**Work to be completed**
From the data, copy out every line in which the word "paged" appears.
*** Source material Section Begins ***
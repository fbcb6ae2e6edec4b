-- ===== src/Tests/VmmTests.antt =====
-- The vmalloc space: two pages are allocated and deallocated.
use silicium_rs.Base.{
  some, ◌≤◌, ap, ℕ, ◌+◌, ◌-◌, ◌*◌, ◌/◌, ◌≡◌, ◌⊎◌, ◌&&◌, done, panicked, refl, arith, List, [], ◌∷◌,
  true, ltb, leb, not_implemented, add64,
}
use silicium_rs.Crates.VirtualRanges.{VirtualRange, VirtualRanges, pages_from}
use silicium_rs.Vmm.{
  FreeMap, Vmm, VirtualArea, allocated, refused, new_area, virtual_range, vmalloc_start,
  vmalloc_end, push_free, first_fit, insert_free, insert_free_vma, insert_used, insert_used_vma,
  split_area, find_free_first_fit, align_size, area_flags, allocate, deallocate, setup,
}
use silicium_rs.Vmm.Areas.{NoFit}
use silicium_rs.Vmm.BestFit.{Least, first_fit-Least}
use silicium_rs.Vmm.FirstFit.{IsVmm}
use silicium_rs.Vmm.Allocate.{RangeTaken, Vmm_allocate_cases, setup-IsVmm}
use silicium_rs.Vmm.Deallocate.{Vmm_deallocate-allocate}
use silicium_rs.Tests.Bits.{bits, contains}
use silicium_rs.Tests.Machine.{addresses}
use silicium_rs.Tests.Entries.{page_tables}
use silicium_rs.Tests.PagingTests.{machine}

abbrev pub range_pages : VirtualRange → List ℕ
range_pages r = pages_from r.start ((r.end - r.start) / 4096)

pub range_pages_lem :
    (r : VirtualRange) (n : ℕ) → r.end ≡ r.start + n * 4096 → range_pages r ≡ pages_from r.start n
range_pages_lem r n h = ap (pages_from r.start) (omega arith)

instance abbrev pub ranges : VirtualRanges
ranges = record {
  size = λ r. r.end - r.start;
  contains = λ r a. leb r.start a && ltb a r.end;
  pages = range_pages;
  size_lem = λ r h. refl;
  contains_lem = λ r a. refl;
  pages_lem = range_pages_lem;
}

-- The areas after `setup`.
abbrev fresh : Vmm
fresh = record {
  free = (0x1000_0000_0000, new_area (virtual_range vmalloc_start vmalloc_end) 0 ∷ []) ∷ [];
  used = [];
}

fresh-IsVmm : IsVmm fresh
unfolding setup insert_free_vma insert_free push_free
fresh-IsVmm = setup-IsVmm

abbrev two_pages : VirtualRange
two_pages = virtual_range 0xFFFF_A000_0000_0000 0xFFFF_A000_0000_2000

-- 5000 bytes, to be zeroed.
abbrev pub later : Vmm
later = record {
  free =
      (0xFFF_FFFF_E000, new_area (virtual_range 0xFFFF_A000_0000_2000 vmalloc_end) 0 ∷ [])
      ∷ (0x1000_0000_0000, [])
      ∷ [];
  used = (0xFFFF_A000_0000_0000, new_area two_pages 8) ∷ [];
}

allocate_test : allocate 5000 8 fresh ≡ done (allocated two_pages, later)
unfolding allocate find_free_first_fit first_fit split_area align_size add64 insert_free push_free
    insert_used_vma insert_used
allocate_test = refl

Vmm_allocate_cases_example :
    ((allocate 5000 8 fresh ≡ done (refused, fresh)) × NoFit (align_size 5000) fresh.free)
    ⊎ ((contains 8 2 ≡ true) × (allocate 5000 8 fresh ≡ panicked not_implemented))
    ⊎ ((r : VirtualRange) × (s' : Vmm) × (allocate 5000 8 fresh ≡ done (allocated r, s'))
        × RangeTaken (align_size 5000) (area_flags 8) r fresh s')
Vmm_allocate_cases_example = Vmm_allocate_cases 5000 8 fresh fresh-IsVmm (omega arith) (omega arith)

Vmm_deallocate-allocate_example :
    (t : Vmm) × (deallocate 0 two_pages later machine ≡ done (t, machine)) × (t.used ≡ []) × IsVmm t
Vmm_deallocate-allocate_example =
    Vmm_deallocate-allocate 5000 8 0 two_pages fresh later machine fresh-IsVmm (omega arith)
      (omega arith) refl allocate_test

abbrev last : Vmm
last = record {
  free =
      (0x2000, new_area two_pages 8 ∷ [])
      ∷ (0xFFF_FFFF_E000, new_area (virtual_range 0xFFFF_A000_0000_2000 vmalloc_end) 0 ∷ [])
      ∷ (0x1000_0000_0000, [])
      ∷ [];
  used = [];
}

pub later-IsVmm : IsVmm later
later-IsVmm = record {
  free = (
    (
      (
        record {
          start_aligned = refl;
          end_aligned = refl;
          nonempty = omega arith;
          from = omega arith;
          up_to = omega arith;
        },
        refl,
      ),
      tt,
    ),
    (tt, tt),
  );
  used = (
    (
      record {
        start_aligned = refl;
        end_aligned = refl;
        nonempty = omega arith;
        from = omega arith;
        up_to = omega arith;
      },
      refl,
    ),
    tt,
  );
  partition = λ a. ground arith;
}

-- Zero bytes are an area too, which displaces another one that starts at its address: the two
-- pages that were in use are lost.
abbrev empty_area : VirtualArea
empty_area = new_area (virtual_range 0xFFFF_A000_0000_0000 0xFFFF_A000_0000_0000) 0

abbrev with_empty : Vmm
with_empty = record { free = (0, empty_area ∷ []) ∷ later.free; used = later.used }

abbrev displaced : Vmm
displaced = record { free = (0, []) ∷ later.free; used = (0xFFFF_A000_0000_0000, empty_area) ∷ [] }

zero_size_test : allocate 0 0 with_empty ≡ done (allocated empty_area.range, displaced)
unfolding allocate find_free_first_fit first_fit split_area align_size add64 insert_used_vma
    insert_used
zero_size_test = refl

abbrev rest : VirtualArea
rest = new_area (virtual_range 0xFFFF_A000_0000_2000 vmalloc_end) 0

first_fit_test :
    first_fit 0x3000 last.free
    ≡ some (
      rest,
      (0x2000, new_area two_pages 8 ∷ []) ∷ (0xFFF_FFFF_E000, []) ∷ (0x1000_0000_0000, []) ∷ [],
    )
unfolding first_fit
first_fit_test = refl

abbrev last_after : FreeMap
last_after =
    (0x2000, new_area two_pages 8 ∷ []) ∷ (0xFFF_FFFF_E000, []) ∷ (0x1000_0000_0000, []) ∷ []

last-IsVmm : IsVmm last
last-IsVmm = record {
  free = (
    (
      (
        record {
          start_aligned = refl;
          end_aligned = refl;
          nonempty = omega arith;
          from = omega arith;
          up_to = omega arith;
        },
        refl,
      ),
      tt,
    ),
    (
      (
        (
          record {
            start_aligned = refl;
            end_aligned = refl;
            nonempty = omega arith;
            from = omega arith;
            up_to = omega arith;
          },
          refl,
        ),
        tt,
      ),
      (tt, tt),
    ),
  );
  used = tt;
  partition = λ a. ground arith;
}

first_fit-Least_example :
    (n : ℕ) × (rest.range.end ≡ rest.range.start + n) × (0x3000 ≤ n) × Least 0x3000 n last.free
first_fit-Least_example =
    first_fit-Least 0x3000 last.free last_after rest last-IsVmm.free
      ((omega arith, (omega arith, tt)), ((omega arith, tt), (tt, tt))) first_fit_test
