-- ===== src/Tests/PageFaultTests.antt =====
-- A write to a page that is not mapped, and to one that is, in the kernel's own address space.
use silicium_rs.Base.{ℕ, ◌≡◌, ◌+◌, done, refl, arith, false, [], ◌∷◌, add64}
use silicium_rs.Address.{phys_to_virt}
use silicium_rs.Frame.{new_stats}
use silicium_rs.Frame.Flags
use silicium_rs.FrameState.Slices.{find}
use silicium_rs.Allocator
use silicium_rs.Allocator.{Frames, claim, zero_bytes}
use silicium_rs.Paging.{
  Machine, write, map, creat_and_fetch_pte, ensure_entry, next_table, frame_to_map,
}
use silicium_rs.Paging.Space.{Typing}
use silicium_rs.Paging.Served.{Served}
use silicium_rs.Vmm.{handled}
use silicium_rs.PageFault.{handle_heap, PageFaultResult, Kernel, page_fault, handle_demand_paging}
use silicium_rs.PageFault.Resolved.{Verdict, page_fault-Verdict}
use silicium_rs.PageFault.Demand.{IsMappable, handle_demand_paging-IsMappable}
use silicium_rs.Tests.Bits.{bits}
use silicium_rs.Tests.Machine.{addresses}
use silicium_rs.Tests.Entries.{page_tables}
use silicium_rs.Tests.PagingTests.{machine, root, tables, paged, paged-IsPaged}
use silicium_rs.Tests.VmmTests.{ranges, later}
use silicium_rs.Tests.AllocatorTests.{entry}

abbrev pub running : Kernel
running = record { machine = machine; vmm = later; early = false; cr3 = 0x10_0000; active = root }

page_fault-Verdict_example :
    (r : PageFaultResult) × (s' : Machine) × (after : Typing) × (page_fault 2 0xFFFF_9000_0000_0123
        running
      ≡ done (r, record running { machine = s' }))
    × Served 1 tables after paged s'.frames
    × Verdict root 2 0xFFFF_9000_0000_0123 machine r s'
page_fault-Verdict_example =
    page_fault-Verdict 1 tables 2 0xFFFF_9000_0000_0123 running paged-IsPaged refl (omega arith)

-- The heap shares the tables of the page that is mapped; its second page is not mapped.
abbrev with_heap : Frames
with_heap = record paged { memory = write paged.memory (root + 0x900) 0x10_1003 }

abbrev heap_page : ℕ
heap_page = 0xFFFF_9000_0000_1000

abbrev served : Frames
served = record {
  array =
      entry 0 Flags.kernel 2
      ∷ entry 1 Flags.kernel 0
      ∷ entry 2 Flags.kernel 1
      ∷ entry 3 Flags.free 0
      ∷ [];
  statistic = record new_stats { total = 4; usable = 4; allocated = 3; kernel = 3 };
  memory =
      write (zero_bytes 0xffff_8000_0000_2000 4096 with_heap.memory) (root + 0x3008)
        0x8000_0000_0000_2003;
}

heap_test : handle_demand_paging root heap_page later with_heap ≡ done (handled, served)
unfolding handle_demand_paging handle_heap map creat_and_fetch_pte ensure_entry next_table
    phys_to_virt add64 Allocator.allocate find claim frame_to_map zero_bytes
heap_test = refl

handle_demand_paging-IsMappable_example : IsMappable heap_page later
handle_demand_paging-IsMappable_example =
    handle_demand_paging-IsMappable root heap_page later with_heap served heap_test
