-- ===== src/Outbox/Order/System.antt =====
-- The outbox under any interleaving of its statements, by any number of writers and relays, with the
-- log of the rows that were marked published, the newest first.
use mathlib.Core.List.{Memᴰ}
use kafkaman.Base.{ℕ, ◌+◌, ◌<◌, ◌≡◌, Bool, true, List, [], ◌∷◌, String, Option, none, some, All}
use kafkaman.Base.Table.{find_where}
use kafkaman.Core.Config.{PurgeConfig}
use kafkaman.Failure.{ok}
use kafkaman.Outbox.{OutboxRow, same_entity}
use kafkaman.Outbox.Enqueue.{Session, Envelope, MessageDescriptor, enqueue_inner}
use kafkaman.Outbox.Claim.{claim_rows, collapse_stale_pending_rows}
use kafkaman.Outbox.Mark.{holds_claim, mark_published, mark_publish_failed}
use kafkaman.Outbox.Purge.{purge_outbox_once}
use kafkaman.Outbox.Order.{IsActive, IsOrdered}
use kafkaman.Outbox.Order.Inserts.{IsBelow}

pub record System (Json : Type 0) : Type 0 where
  pub rows : List (OutboxRow Json)
  pub next_order : ℕ
  pub log : List (OutboxRow Json)

-- The log after a mark: the row that held the claim, if one did.
abbrev pub logged :
    {Json : Type 0} → Option (OutboxRow Json) → List (OutboxRow Json) → List (OutboxRow Json)
logged none log = log
logged (some r) log = r ∷ log

pub data Step {Json : Type 0} : System Json → System Json → Type 0 where
  enqueue :
      (s : System Json) (session : Session Json) (message_type : String)
      (d : Option MessageDescriptor) (evt : Envelope Json)
      → session.next_order ≡ s.next_order
      → Step s (record s {
        rows = (enqueue_inner session message_type d evt s.rows).0;
        next_order = s.next_order + 1;
      })
  collapse :
      (s : System Json) (now limit : ℕ)
      → Step s (record s { rows = collapse_stale_pending_rows now limit s.rows })
  claim :
      (s : System Json) (now limit : ℕ) (locked : OutboxRow Json → Bool) (lease_for claim_id : ℕ)
      (worker_id : String)
      → Step s (record s { rows = claim_rows now limit locked lease_for claim_id worker_id s.rows })
  publish :
      (s : System Json) (now message_id claim_id : ℕ)
      → Step s (record s {
        rows = (mark_published now message_id claim_id s.rows).0;
        log = logged (find_where (holds_claim message_id claim_id) s.rows) s.log;
      })
  fail :
      (s : System Json) (now message_id claim_id : ℕ) (error : String) (retry_after : ℕ)
      → Step s (record s {
        rows = (mark_publish_failed now message_id claim_id error retry_after s.rows).0;
      })
  purge :
      (s : System Json) (now : ℕ) (cfg : PurgeConfig) (locked : OutboxRow Json → Bool)
      {rows : List (OutboxRow Json)} {deleted : ℕ}
      → purge_outbox_once now cfg locked s.rows ≡ ok (rows, deleted)
      → Step s (record s { rows = rows })

pub data Reach {Json : Type 0} (s : System Json) : System Json → Type 0 where
  here : Reach s s
  next : {t u : System Json} → Reach s t → Step t u → Reach s u

abbrev pub start : {Json : Type 0} → System Json
start = record { rows = []; next_order = 0; log = [] }

-- Of one entity, each entry of the log is newer than the entries before it.
abbrev pub IsAscending : {Json : Type 0} → List (OutboxRow Json) → Type 0
IsAscending [] = Unit
IsAscending (r ∷ log) =
    All (λ older. same_entity older r ≡ true → older.enqueue_order < r.enqueue_order) log
    × IsAscending log

-- Every entry of the log is older than what of its entity is still to be published.
abbrev pub IsBehind : {Json : Type 0} → List (OutboxRow Json) → OutboxRow Json → Type 0
IsBehind log s =
    All (λ older. same_entity older s ≡ true → older.enqueue_order < s.enqueue_order) log

pub record IsSound {Json : Type 0} (s : System Json) : Type 0 where
  pub ordered : IsOrdered s.rows
  pub below : IsBelow s.next_order s.rows
  pub log_below : All (λ older. older.enqueue_order < s.next_order) s.log
  pub behind : (r : OutboxRow Json) → Memᴰ r s.rows → IsActive r → IsBehind s.log r
  pub ascending : IsAscending s.log
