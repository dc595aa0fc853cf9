-- ===== src/Outbox/Order/Marks.antt =====
-- The two marks keep the order of the outbox.
use kafkaman.Base.{ℕ, ◌≡◌, true, List, arith, String, if◌then◌else◌}
use kafkaman.Base.Table.{update_where-mem}
use kafkaman.Core.Status.{OutboxStatus}
use kafkaman.Outbox.{OutboxRow}
use kafkaman.Outbox.Mark.{holds_claim, to_published, mark_published, to_retry, mark_publish_failed}
use kafkaman.Outbox.Order.{IsOrdered}
use kafkaman.Outbox.Order.Image.{IsOrdered-image}

module _ {Json : Type 0} where
  pub holds_claim-publishing :
      (m c : ℕ) (r : OutboxRow Json)
      → holds_claim m c r ≡ true
      → (r.status ≡ OutboxStatus.publishing) × (r.message_id ≡ m)
  unfolding holds_claim
  holds_claim-publishing m c r h = ground arith

module _ {Json : Type 0} (now m c : ℕ) {rows : List (OutboxRow Json)} (i : IsOrdered rows) where
  -- A mark of a publication, by whichever worker, keeps the order of the outbox.
  pub mark_published-IsOrdered : IsOrdered (mark_published now m c rows).0
  unfolding mark_published
  mark_published-IsOrdered =
      IsOrdered-image i (λ r. if holds_claim m c r then to_published now r else r)
        (record { id = λ r. ground arith; ordinal = λ r. ground arith; entity = λ r. ground arith })
        (λ r' mr. update_where-mem (holds_claim m c) (to_published now) rows mr)
        (λ r s mr ms e a b. ground (arith, i.one_in_flight r s mr ms))
        (λ r s mr ms e a b. ground (arith, i.in_flight_first r s mr ms))
        (λ r s mr ms e a b. ground (
          arith,
          i.published_first r s mr ms,
          i.in_flight_first r s mr ms,
          i.one_in_flight r s mr ms,
          holds_claim-publishing m c r,
          holds_claim-publishing m c s,
        ))

  -- So does a mark of a failed publication.
  pub mark_publish_failed-IsOrdered :
      (error : String) (retry_after : ℕ)
      → IsOrdered (mark_publish_failed now m c error retry_after rows).0
  unfolding mark_publish_failed
  mark_publish_failed-IsOrdered error retry_after =
      IsOrdered-image i (λ r. if holds_claim m c r then to_retry now error retry_after r else r)
        (record { id = λ r. ground arith; ordinal = λ r. ground arith; entity = λ r. ground arith })
        (λ r' mr. update_where-mem (holds_claim m c) (to_retry now error retry_after) rows mr)
        (λ r s mr ms e a b. ground (arith, i.one_in_flight r s mr ms))
        (λ r s mr ms e a b. ground (
          arith,
          i.in_flight_first r s mr ms,
          i.one_in_flight r s mr ms,
          holds_claim-publishing m c r,
          holds_claim-publishing m c s,
        ))
        (λ r s mr ms e a b.
          ground (arith, i.published_first r s mr ms, holds_claim-publishing m c s))
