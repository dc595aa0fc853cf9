-- ===== src/Outbox/Order/Candidates.antt =====
-- The candidates of a claim: what `is_candidate` says of an entity's rows.
use mathlib.Core.List.{Memᴰ}
use kafkaman.Base.{ℕ, ◌≤◌, ◌≡◌, ◌≢◌, ◌&&◌, ltb, Bool, true, false, List, arith, not, if◌then◌else◌}
use kafkaman.Base.Table.{
  update_where, update_where-mem, exists_where-mem, mem-exists_where, select_where-mem, take-mem,
}
use kafkaman.Base.Sort.{sort_by-mem}
use kafkaman.Core.Status.{OutboxStatus}
use kafkaman.Outbox.{OutboxRow, sql_text_eq, sql_text_eq_symm, same_entity, has_status}
use kafkaman.Outbox.Claim.{is_candidate, order_rows, candidates, to_superseded, stale_behind}
use kafkaman.Outbox.Order.{IsActive, IsOrdered}
use kafkaman.Outbox.Order.Image.{IsOrdered-image}

module _ {Json : Type 0} where
  -- What stands behind a row of the list was pending.
  pub stale_behind-pending :
      (heads : List (OutboxRow Json)) (s : OutboxRow Json)
      → stale_behind heads s ≡ true
      → s.status ≡ OutboxStatus.pending
  unfolding stale_behind
  stale_behind-pending heads s h = let (c, m, e) = exists_where-mem _ heads h in ground arith

  pub candidate-IsActive :
      (now : ℕ) (rows : List (OutboxRow Json)) (c : OutboxRow Json)
      → is_candidate now rows c ≡ true
      → IsActive c
  unfolding is_candidate
  candidate-IsActive now rows c f = ground arith

  pub candidates-mem :
      (now limit : ℕ) (locked : OutboxRow Json → Bool) (rows : List (OutboxRow Json))
      {r : OutboxRow Json}
      → Memᴰ r (candidates now limit locked rows)
      → Memᴰ r rows × (is_candidate now rows r ≡ true) × (locked r ≡ false)
  unfolding candidates order_rows
  candidates-mem now limit locked rows m =
      let (ordered, free) = select_where-mem (λ c. not (locked c)) _ (take-mem limit _ m) in
      let (old, fit) = select_where-mem (is_candidate now rows) rows (sort_by-mem _ _ ordered) in
      (old, fit, ground arith)

-- Superseding rows that stand behind others keeps the order of the outbox.
module _ {Json : Type 0} {rows : List (OutboxRow Json)} (i : IsOrdered rows) where
  pub stale_behind-IsOrdered :
      (heads : List (OutboxRow Json))
      → IsOrdered (update_where (stale_behind heads) to_superseded rows)
  unfolding to_superseded
  stale_behind-IsOrdered heads =
      IsOrdered-image i (λ r. if stale_behind heads r then to_superseded r else r)
        (record { id = λ r. ground arith; ordinal = λ r. ground arith; entity = λ r. ground arith })
        (λ r' mr. update_where-mem (stale_behind heads) to_superseded rows mr)
        (λ r s mr ms e a b. ground (arith, i.one_in_flight r s mr ms))
        (λ r s mr ms e a b. ground (arith, i.in_flight_first r s mr ms))
        (λ r s mr ms e a b. ground (arith, i.published_first r s mr ms))

-- A pending candidate has no sibling in flight, and none newer that is pending.
module _ {Json : Type 0} (now : ℕ) {rows : List (OutboxRow Json)} where
  pub candidate-in_flight :
      (c s : OutboxRow Json)
      → Memᴰ s rows
      → same_entity c s ≡ true
      → is_candidate now rows c ≡ true
      → c.status ≡ OutboxStatus.pending
      → s.status ≢ OutboxStatus.publishing
  unfolding is_candidate sql_text_eq
  candidate-in_flight c s ms e f p q = ground (
    arith,
    sql_text_eq_symm c.entity_key s.entity_key,
    mem-exists_where (λ x. same_entity x c && has_status OutboxStatus.publishing x) ms,
  )

  pub candidate-newest :
      (c s : OutboxRow Json)
      → Memᴰ s rows
      → same_entity c s ≡ true
      → is_candidate now rows c ≡ true
      → c.status ≡ OutboxStatus.pending
      → s.status ≡ OutboxStatus.pending
      → s.enqueue_order ≤ c.enqueue_order
  unfolding is_candidate
  candidate-newest c s ms e f p q = ground (
    arith,
    sql_text_eq_symm c.entity_key s.entity_key,
    mem-exists_where
        (λ x.
          same_entity x c
          && (has_status OutboxStatus.pending x && ltb c.enqueue_order x.enqueue_order))
        ms,
  )

  pub candidates_agree :
      IsOrdered rows
      → (r s : OutboxRow Json) → Memᴰ r rows
      → Memᴰ s rows
      → same_entity r s ≡ true
      → is_candidate now rows r ≡ true
      → is_candidate now rows s ≡ true
      → r ≡ s
  candidates_agree i r s mr ms e a b = ground (
    arith,
    sql_text_eq_symm r.entity_key s.entity_key,
    candidate-IsActive now rows r a,
    candidate-IsActive now rows s b,
    candidate-in_flight r s ms e a,
    candidate-in_flight s r mr,
    candidate-newest r s ms e a,
    candidate-newest s r mr,
    i.one_in_flight r s mr ms,
    i.one_ordinal r s mr ms,
  )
*** Source material Section Ends ***
**Solution below**
use silicium_rs.Tests.PagingTests.{machine, root, tables, paged, paged-IsPaged}
    × Served 1 tables after paged s'.frames
    page_fault-Verdict 1 tables 2 0xFFFF_9000_0000_0123 running paged-IsPaged refl (omega arith)
with_heap = record paged { memory = write paged.memory (root + 0x900) 0x10_1003 }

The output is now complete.